Available data: Begin
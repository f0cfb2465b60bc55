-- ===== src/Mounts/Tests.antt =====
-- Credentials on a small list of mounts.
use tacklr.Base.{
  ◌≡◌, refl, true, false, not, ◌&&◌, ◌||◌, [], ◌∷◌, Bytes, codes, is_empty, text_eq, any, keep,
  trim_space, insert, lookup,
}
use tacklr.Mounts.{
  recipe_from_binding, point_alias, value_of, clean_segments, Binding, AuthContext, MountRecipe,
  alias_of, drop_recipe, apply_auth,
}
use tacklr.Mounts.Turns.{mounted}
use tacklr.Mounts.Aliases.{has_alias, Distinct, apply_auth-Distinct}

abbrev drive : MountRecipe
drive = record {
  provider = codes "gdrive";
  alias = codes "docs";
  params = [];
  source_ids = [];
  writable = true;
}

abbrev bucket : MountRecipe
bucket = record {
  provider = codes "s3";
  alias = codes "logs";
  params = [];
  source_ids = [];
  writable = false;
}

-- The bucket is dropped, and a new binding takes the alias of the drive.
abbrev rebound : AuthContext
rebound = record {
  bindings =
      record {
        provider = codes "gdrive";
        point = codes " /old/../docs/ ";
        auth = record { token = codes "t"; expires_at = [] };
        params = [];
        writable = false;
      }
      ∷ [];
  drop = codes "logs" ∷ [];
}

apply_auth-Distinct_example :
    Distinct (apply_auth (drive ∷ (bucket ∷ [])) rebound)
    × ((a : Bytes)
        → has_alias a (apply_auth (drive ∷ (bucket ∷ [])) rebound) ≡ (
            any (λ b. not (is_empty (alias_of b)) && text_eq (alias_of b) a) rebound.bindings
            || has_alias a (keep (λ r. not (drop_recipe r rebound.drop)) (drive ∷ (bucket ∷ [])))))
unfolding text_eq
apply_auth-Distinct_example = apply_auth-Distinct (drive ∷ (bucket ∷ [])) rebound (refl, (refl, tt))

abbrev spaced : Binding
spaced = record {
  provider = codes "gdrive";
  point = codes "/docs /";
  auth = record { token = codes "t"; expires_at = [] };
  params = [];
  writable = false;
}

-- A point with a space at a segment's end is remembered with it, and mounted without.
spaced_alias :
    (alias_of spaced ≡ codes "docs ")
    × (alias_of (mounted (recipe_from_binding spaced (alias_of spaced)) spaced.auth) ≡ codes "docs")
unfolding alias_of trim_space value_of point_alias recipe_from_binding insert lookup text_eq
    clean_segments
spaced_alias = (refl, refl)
Available data: End
Aim of the exercise: From the records, copy every line that has the string "token" in it.

Final answer:
        auth = record { token = codes "t"; expires_at = [] };
  auth = record { token = codes "t"; expires_at = [] };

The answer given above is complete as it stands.